**Directions:**
State only the count of lines in the listing below that hold "some".

**Given records:**
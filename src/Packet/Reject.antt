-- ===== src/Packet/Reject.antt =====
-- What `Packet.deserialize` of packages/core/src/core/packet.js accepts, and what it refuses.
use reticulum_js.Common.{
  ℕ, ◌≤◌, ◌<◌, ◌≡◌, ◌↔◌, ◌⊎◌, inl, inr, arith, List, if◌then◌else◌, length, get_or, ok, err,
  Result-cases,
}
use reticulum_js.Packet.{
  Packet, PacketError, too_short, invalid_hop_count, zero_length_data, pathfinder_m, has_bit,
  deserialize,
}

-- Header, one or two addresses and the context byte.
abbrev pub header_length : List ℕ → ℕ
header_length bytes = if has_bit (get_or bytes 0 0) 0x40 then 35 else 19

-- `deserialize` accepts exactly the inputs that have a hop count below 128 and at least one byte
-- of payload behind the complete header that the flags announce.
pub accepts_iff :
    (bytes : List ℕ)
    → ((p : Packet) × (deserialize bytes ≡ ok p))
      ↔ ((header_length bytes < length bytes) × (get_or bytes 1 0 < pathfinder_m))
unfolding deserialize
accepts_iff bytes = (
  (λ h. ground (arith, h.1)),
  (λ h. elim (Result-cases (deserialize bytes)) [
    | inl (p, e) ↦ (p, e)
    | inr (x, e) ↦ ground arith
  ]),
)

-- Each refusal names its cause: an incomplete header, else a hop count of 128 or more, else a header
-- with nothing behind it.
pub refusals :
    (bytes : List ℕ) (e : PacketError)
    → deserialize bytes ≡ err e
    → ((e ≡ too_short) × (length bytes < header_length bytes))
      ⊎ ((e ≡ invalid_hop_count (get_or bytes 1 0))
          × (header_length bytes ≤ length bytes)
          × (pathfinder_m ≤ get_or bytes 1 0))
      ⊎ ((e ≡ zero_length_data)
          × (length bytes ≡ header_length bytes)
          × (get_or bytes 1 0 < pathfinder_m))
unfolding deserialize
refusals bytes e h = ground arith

--

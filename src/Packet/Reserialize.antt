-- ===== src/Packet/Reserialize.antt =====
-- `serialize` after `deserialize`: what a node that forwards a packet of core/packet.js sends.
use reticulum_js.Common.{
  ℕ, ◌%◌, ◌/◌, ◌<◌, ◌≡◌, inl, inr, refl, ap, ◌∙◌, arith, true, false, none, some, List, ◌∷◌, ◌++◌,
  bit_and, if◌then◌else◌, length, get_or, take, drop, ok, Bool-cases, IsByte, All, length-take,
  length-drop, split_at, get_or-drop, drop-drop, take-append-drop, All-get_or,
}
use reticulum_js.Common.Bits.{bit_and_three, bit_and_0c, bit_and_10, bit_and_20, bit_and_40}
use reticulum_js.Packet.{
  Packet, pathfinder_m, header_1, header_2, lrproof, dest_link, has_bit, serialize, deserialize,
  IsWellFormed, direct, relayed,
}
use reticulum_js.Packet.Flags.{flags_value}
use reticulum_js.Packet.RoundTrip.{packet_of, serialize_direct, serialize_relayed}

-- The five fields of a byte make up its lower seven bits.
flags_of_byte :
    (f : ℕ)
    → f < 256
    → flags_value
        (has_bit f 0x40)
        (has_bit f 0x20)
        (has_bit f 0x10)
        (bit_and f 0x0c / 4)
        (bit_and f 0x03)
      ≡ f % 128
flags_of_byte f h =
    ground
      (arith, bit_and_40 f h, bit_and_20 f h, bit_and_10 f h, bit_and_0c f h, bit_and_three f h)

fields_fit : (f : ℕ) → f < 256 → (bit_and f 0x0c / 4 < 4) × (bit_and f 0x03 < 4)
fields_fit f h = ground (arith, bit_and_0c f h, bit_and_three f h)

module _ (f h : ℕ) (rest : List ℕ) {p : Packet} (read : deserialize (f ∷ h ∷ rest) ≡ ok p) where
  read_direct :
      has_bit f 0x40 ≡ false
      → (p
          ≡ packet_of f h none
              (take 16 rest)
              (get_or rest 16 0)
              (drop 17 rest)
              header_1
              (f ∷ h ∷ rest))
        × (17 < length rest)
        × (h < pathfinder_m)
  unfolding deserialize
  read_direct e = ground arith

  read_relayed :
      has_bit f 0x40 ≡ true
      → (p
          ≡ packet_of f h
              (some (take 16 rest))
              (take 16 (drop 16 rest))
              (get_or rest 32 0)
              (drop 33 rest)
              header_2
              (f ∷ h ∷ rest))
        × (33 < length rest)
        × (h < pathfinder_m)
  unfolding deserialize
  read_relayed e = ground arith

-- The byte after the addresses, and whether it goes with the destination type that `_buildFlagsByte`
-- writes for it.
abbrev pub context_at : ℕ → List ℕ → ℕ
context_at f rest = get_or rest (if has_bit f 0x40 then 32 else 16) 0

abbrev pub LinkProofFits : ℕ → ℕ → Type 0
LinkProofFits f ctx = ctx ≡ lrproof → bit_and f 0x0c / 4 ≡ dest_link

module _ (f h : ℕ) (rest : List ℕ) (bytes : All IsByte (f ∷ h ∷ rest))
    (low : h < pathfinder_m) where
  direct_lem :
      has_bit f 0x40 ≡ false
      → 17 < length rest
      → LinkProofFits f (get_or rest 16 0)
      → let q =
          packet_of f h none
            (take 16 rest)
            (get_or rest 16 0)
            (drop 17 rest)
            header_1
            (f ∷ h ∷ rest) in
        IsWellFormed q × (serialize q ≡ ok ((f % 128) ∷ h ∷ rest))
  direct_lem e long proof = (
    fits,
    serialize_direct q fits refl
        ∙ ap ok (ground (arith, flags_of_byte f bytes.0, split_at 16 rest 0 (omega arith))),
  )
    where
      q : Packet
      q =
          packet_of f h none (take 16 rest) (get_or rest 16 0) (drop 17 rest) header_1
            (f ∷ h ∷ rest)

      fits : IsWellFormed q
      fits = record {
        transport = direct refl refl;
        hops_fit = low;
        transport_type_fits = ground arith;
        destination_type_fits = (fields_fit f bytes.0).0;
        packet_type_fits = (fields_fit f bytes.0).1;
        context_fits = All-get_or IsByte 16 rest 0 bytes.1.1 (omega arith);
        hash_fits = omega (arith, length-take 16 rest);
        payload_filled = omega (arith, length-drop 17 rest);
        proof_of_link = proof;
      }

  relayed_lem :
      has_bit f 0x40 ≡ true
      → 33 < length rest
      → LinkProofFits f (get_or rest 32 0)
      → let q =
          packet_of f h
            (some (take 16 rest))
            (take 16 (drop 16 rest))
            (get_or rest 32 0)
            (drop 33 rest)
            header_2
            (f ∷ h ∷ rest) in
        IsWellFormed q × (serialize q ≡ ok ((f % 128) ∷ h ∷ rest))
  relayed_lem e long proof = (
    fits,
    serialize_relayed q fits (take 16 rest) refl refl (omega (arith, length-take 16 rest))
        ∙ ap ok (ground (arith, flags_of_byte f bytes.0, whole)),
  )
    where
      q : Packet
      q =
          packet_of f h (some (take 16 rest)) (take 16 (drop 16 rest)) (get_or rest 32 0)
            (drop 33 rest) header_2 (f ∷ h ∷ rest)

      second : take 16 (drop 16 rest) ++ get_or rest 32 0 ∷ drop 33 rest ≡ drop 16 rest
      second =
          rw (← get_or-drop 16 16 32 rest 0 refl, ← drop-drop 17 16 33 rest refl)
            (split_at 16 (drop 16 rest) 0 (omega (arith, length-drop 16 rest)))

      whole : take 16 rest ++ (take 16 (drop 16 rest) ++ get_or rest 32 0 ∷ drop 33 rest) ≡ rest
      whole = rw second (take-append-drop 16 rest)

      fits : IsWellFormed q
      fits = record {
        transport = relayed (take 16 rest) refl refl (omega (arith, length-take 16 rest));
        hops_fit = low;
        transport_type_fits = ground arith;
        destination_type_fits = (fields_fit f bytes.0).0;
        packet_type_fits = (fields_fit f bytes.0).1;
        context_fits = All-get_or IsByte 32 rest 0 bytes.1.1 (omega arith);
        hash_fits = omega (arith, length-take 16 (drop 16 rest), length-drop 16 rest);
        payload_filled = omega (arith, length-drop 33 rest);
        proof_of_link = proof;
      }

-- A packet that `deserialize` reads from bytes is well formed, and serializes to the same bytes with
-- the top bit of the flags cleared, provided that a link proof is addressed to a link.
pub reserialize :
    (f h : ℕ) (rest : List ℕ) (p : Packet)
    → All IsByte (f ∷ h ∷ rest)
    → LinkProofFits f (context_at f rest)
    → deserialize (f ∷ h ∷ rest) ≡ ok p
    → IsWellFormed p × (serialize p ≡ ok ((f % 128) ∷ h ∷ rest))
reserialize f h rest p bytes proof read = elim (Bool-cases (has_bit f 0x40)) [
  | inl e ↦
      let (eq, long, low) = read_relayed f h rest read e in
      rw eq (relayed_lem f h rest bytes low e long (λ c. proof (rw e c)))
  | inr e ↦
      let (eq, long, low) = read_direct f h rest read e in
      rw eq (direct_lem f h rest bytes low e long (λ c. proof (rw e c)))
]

**Reply to the exercise:**
4